* [WHAT YOU ARE ASKED TO DO] The data below holds a line containing "if ltb s.max_record_bytes (len" and a line containing "append_event x c"; please quote exactly those two lines and every line between them, and nothing else.

********

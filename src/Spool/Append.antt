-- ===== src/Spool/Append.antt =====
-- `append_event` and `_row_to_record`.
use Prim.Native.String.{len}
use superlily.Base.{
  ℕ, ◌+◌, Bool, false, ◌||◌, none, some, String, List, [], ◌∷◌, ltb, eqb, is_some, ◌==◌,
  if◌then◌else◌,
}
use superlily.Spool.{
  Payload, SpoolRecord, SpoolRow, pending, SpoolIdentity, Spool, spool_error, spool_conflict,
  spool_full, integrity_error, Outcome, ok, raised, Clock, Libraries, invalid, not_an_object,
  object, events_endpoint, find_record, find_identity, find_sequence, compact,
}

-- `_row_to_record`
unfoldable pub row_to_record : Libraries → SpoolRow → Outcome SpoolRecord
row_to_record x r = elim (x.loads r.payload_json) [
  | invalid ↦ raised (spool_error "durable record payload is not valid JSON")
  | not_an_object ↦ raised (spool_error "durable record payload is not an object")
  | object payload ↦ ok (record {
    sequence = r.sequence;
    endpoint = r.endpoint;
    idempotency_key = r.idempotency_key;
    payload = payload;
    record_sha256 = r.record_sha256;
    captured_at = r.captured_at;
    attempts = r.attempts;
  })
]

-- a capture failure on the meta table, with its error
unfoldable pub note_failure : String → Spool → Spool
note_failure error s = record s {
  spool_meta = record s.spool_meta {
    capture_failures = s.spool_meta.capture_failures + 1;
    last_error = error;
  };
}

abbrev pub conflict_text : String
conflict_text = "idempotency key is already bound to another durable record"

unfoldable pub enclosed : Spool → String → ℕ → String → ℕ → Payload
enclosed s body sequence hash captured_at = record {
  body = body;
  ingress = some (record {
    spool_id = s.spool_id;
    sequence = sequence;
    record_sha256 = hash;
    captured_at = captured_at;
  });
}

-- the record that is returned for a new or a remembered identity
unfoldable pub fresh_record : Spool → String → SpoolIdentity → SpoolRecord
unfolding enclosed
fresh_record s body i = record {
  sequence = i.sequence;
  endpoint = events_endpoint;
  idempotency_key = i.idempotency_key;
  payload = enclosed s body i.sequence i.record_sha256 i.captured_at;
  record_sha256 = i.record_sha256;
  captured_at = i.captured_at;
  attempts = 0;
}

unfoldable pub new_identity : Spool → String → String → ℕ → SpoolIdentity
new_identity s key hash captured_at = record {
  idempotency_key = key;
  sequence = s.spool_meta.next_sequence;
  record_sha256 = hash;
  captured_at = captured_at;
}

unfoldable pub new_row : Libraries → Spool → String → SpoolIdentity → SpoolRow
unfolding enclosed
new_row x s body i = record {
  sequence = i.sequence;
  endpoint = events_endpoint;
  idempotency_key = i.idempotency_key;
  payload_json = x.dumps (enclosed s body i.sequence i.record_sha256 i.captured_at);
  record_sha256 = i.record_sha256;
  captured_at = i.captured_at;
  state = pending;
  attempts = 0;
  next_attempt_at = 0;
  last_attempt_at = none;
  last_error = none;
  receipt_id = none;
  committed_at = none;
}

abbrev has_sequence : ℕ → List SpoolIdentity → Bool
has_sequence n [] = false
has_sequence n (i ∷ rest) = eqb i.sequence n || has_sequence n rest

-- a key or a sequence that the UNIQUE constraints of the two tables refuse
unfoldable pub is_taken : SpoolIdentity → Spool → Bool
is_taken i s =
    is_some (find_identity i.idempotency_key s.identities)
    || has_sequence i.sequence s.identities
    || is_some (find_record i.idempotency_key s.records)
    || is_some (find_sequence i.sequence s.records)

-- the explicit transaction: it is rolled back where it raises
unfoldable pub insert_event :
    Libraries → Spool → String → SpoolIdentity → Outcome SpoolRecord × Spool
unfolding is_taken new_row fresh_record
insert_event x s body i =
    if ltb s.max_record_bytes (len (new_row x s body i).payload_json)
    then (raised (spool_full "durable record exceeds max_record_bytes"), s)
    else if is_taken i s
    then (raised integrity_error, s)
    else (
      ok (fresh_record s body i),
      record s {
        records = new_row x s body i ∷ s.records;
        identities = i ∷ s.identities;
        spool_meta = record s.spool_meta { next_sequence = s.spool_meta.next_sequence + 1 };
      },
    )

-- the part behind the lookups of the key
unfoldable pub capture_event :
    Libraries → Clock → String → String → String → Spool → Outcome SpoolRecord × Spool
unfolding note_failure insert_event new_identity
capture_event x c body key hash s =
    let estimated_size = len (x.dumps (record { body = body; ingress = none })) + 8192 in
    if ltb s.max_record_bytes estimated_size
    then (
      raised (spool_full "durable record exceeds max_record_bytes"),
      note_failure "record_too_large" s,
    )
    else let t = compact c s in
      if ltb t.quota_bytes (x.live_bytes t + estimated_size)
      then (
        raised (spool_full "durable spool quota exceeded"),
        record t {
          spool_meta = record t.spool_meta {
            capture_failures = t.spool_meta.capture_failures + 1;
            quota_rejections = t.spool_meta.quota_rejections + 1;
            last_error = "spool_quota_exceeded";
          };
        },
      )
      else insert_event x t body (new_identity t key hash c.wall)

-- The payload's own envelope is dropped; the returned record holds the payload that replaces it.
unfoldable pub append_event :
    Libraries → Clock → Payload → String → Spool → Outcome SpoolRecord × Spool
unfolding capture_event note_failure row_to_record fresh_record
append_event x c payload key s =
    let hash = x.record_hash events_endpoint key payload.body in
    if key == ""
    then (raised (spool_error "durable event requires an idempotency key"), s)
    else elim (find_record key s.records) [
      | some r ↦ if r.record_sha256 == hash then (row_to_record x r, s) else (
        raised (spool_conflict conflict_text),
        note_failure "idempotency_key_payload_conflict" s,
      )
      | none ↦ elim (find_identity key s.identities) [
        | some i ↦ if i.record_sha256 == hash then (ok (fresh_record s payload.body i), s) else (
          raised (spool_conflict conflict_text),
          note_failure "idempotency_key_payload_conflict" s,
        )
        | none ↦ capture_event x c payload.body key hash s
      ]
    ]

********

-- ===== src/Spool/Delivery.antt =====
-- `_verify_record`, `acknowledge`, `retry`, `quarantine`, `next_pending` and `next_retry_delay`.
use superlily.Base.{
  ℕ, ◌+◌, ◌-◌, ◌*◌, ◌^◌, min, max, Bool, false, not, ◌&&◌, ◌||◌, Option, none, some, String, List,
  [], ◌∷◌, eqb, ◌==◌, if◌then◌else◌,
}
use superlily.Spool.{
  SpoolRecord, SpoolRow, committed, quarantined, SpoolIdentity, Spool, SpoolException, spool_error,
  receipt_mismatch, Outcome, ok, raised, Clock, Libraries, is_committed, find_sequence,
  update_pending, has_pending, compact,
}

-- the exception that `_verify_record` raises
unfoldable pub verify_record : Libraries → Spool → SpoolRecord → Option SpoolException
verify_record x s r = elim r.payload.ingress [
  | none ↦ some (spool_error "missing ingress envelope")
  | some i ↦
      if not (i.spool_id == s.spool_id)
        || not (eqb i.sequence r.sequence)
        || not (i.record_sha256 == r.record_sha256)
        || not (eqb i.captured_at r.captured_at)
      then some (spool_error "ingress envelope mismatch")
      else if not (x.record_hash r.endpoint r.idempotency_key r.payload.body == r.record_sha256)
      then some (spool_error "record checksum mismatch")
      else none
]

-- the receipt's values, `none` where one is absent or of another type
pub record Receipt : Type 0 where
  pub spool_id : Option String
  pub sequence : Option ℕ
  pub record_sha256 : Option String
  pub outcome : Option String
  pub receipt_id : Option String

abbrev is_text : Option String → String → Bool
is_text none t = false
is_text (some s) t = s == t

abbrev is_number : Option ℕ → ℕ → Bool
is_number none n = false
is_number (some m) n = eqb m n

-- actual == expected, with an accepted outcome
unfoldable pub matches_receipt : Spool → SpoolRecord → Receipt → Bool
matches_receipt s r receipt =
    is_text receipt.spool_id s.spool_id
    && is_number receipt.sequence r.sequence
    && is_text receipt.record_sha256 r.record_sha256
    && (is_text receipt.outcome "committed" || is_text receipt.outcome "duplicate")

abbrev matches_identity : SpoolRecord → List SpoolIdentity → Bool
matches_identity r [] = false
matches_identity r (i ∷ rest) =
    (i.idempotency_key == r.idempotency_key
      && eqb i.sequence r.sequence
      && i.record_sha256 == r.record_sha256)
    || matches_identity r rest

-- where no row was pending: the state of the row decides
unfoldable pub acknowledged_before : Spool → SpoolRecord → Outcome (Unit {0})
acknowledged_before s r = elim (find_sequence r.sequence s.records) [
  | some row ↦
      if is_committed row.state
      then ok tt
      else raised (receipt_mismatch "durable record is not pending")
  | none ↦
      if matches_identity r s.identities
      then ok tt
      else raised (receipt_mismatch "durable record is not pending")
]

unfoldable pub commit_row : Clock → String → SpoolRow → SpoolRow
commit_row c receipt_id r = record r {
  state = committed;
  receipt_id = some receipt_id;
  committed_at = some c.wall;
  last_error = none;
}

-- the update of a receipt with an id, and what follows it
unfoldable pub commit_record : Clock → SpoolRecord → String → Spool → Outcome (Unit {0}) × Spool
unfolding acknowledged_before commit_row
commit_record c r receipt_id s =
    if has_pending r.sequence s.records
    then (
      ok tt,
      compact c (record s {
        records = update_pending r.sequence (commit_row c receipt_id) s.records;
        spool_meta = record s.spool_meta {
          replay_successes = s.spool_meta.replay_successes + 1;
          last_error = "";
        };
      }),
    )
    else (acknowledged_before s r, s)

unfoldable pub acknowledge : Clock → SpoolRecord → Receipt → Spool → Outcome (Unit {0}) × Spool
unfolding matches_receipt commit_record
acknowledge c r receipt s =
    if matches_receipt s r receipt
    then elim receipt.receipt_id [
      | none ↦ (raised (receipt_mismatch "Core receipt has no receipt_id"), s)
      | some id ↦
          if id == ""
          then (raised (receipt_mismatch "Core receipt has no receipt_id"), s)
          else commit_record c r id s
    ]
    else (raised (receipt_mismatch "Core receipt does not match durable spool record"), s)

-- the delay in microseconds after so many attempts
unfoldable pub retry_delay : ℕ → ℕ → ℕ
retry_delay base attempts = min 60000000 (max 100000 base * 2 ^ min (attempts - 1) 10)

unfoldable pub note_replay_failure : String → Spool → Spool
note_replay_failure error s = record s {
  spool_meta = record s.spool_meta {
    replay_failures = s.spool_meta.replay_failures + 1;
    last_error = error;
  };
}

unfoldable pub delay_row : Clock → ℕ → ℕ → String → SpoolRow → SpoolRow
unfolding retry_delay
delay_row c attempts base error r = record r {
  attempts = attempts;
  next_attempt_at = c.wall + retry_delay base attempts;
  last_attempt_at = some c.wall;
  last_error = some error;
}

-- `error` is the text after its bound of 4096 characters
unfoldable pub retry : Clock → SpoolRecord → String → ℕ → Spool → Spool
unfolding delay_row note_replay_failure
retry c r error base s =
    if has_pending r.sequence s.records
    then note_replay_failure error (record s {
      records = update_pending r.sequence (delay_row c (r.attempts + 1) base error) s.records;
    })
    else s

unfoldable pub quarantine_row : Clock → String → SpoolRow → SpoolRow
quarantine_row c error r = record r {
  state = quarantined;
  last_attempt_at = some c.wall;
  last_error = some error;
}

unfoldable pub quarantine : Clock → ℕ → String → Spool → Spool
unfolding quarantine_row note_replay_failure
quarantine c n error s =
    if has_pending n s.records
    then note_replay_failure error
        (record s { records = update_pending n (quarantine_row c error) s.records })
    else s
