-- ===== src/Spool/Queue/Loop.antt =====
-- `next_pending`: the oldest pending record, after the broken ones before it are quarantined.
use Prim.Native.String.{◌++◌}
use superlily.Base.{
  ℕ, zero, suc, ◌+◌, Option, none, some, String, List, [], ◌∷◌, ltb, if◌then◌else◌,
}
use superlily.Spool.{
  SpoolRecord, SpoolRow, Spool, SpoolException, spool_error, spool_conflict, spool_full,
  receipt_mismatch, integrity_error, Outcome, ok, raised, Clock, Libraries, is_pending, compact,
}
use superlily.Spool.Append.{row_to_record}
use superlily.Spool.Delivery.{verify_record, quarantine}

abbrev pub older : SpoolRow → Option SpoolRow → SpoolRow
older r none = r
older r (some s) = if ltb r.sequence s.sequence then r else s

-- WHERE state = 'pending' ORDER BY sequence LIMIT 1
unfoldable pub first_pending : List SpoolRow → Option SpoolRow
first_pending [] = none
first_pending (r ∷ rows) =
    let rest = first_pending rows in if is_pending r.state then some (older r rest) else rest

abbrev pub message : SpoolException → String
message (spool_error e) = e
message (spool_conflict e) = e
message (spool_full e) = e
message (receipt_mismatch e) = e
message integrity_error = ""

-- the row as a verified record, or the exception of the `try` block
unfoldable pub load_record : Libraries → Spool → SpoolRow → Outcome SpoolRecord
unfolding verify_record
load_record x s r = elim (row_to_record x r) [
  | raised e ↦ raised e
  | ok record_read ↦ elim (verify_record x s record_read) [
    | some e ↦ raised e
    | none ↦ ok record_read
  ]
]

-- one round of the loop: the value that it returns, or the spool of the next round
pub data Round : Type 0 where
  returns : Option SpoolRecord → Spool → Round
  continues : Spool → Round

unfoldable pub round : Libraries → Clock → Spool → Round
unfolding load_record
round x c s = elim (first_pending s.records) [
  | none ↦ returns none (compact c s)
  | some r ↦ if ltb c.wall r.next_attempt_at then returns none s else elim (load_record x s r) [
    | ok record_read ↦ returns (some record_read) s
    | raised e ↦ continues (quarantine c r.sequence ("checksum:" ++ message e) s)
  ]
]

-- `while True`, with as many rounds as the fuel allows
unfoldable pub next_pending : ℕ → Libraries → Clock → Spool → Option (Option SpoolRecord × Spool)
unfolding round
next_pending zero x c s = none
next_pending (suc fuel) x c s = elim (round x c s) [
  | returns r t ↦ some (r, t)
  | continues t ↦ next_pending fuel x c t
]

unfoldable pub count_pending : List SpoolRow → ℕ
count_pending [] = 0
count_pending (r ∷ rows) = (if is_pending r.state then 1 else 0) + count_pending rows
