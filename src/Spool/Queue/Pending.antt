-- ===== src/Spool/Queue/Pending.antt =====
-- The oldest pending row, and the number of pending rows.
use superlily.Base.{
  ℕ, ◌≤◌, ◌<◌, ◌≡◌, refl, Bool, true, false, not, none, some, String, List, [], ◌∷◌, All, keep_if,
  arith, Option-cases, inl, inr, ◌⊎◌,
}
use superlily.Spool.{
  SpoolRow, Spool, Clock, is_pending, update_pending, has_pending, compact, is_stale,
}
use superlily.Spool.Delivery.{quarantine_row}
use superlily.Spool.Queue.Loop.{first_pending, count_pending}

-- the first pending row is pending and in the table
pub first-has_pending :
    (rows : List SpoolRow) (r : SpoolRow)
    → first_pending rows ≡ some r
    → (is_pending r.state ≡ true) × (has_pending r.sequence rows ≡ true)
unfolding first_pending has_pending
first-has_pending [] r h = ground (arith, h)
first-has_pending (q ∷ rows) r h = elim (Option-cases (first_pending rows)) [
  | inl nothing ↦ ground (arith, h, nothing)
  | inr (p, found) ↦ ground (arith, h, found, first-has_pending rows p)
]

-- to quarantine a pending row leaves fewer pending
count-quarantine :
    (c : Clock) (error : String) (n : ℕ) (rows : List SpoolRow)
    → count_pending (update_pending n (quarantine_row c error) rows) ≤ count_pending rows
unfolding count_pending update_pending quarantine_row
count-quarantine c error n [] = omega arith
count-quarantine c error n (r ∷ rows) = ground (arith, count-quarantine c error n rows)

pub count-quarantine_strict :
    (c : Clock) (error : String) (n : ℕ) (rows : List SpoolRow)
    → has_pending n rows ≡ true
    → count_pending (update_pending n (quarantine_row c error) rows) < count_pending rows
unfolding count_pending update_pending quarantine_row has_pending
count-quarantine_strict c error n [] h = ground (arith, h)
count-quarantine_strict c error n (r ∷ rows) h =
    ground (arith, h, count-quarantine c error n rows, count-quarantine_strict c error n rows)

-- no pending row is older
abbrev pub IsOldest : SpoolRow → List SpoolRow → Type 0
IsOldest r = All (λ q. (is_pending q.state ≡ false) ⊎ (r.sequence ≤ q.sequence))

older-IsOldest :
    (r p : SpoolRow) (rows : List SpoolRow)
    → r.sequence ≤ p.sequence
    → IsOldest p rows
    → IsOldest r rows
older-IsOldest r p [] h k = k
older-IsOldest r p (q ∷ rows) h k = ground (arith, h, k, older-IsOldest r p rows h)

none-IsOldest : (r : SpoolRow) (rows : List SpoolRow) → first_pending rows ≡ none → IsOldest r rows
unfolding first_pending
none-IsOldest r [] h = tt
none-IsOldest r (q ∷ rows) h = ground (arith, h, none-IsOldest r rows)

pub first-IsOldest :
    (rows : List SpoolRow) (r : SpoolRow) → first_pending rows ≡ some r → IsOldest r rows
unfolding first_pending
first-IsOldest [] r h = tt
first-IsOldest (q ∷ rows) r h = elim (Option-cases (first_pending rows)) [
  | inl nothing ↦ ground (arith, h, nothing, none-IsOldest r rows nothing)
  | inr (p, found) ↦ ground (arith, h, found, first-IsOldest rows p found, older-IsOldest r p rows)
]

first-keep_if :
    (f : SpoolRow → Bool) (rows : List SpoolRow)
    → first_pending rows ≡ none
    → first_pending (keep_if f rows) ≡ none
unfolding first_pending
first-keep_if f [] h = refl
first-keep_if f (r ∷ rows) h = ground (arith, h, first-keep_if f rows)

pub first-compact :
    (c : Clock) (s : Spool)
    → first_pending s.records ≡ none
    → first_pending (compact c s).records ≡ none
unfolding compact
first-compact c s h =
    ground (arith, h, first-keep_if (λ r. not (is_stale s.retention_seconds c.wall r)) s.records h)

********

* [RESULT]
    if ltb s.max_record_bytes (len (new_row x s body i).payload_json)
    then (raised (spool_full "durable record exceeds max_record_bytes"), s)
    else if is_taken i s
    then (raised integrity_error, s)
    else (
      ok (fresh_record s body i),
      record s {
        records = new_row x s body i ∷ s.records;
        identities = i ∷ s.identities;
        spool_meta = record s.spool_meta { next_sequence = s.spool_meta.next_sequence + 1 };
      },
    )

-- the part behind the lookups of the key
unfoldable pub capture_event :
    Libraries → Clock → String → String → String → Spool → Outcome SpoolRecord × Spool
unfolding note_failure insert_event new_identity
capture_event x c body key hash s =
    let estimated_size = len (x.dumps (record { body = body; ingress = none })) + 8192 in
    if ltb s.max_record_bytes estimated_size
    then (
      raised (spool_full "durable record exceeds max_record_bytes"),
      note_failure "record_too_large" s,
    )
    else let t = compact c s in
      if ltb t.quota_bytes (x.live_bytes t + estimated_size)
      then (
        raised (spool_full "durable spool quota exceeded"),
        record t {
          spool_meta = record t.spool_meta {
            capture_failures = t.spool_meta.capture_failures + 1;
            quota_rejections = t.spool_meta.quota_rejections + 1;
            last_error = "spool_quota_exceeded";
          };
        },
      )
      else insert_event x t body (new_identity t key hash c.wall)

-- The payload's own envelope is dropped; the returned record holds the payload that replaces it.
unfoldable pub append_event :
    Libraries → Clock → Payload → String → Spool → Outcome SpoolRecord × Spool
unfolding capture_event note_failure row_to_record fresh_record
append_event x c payload key s =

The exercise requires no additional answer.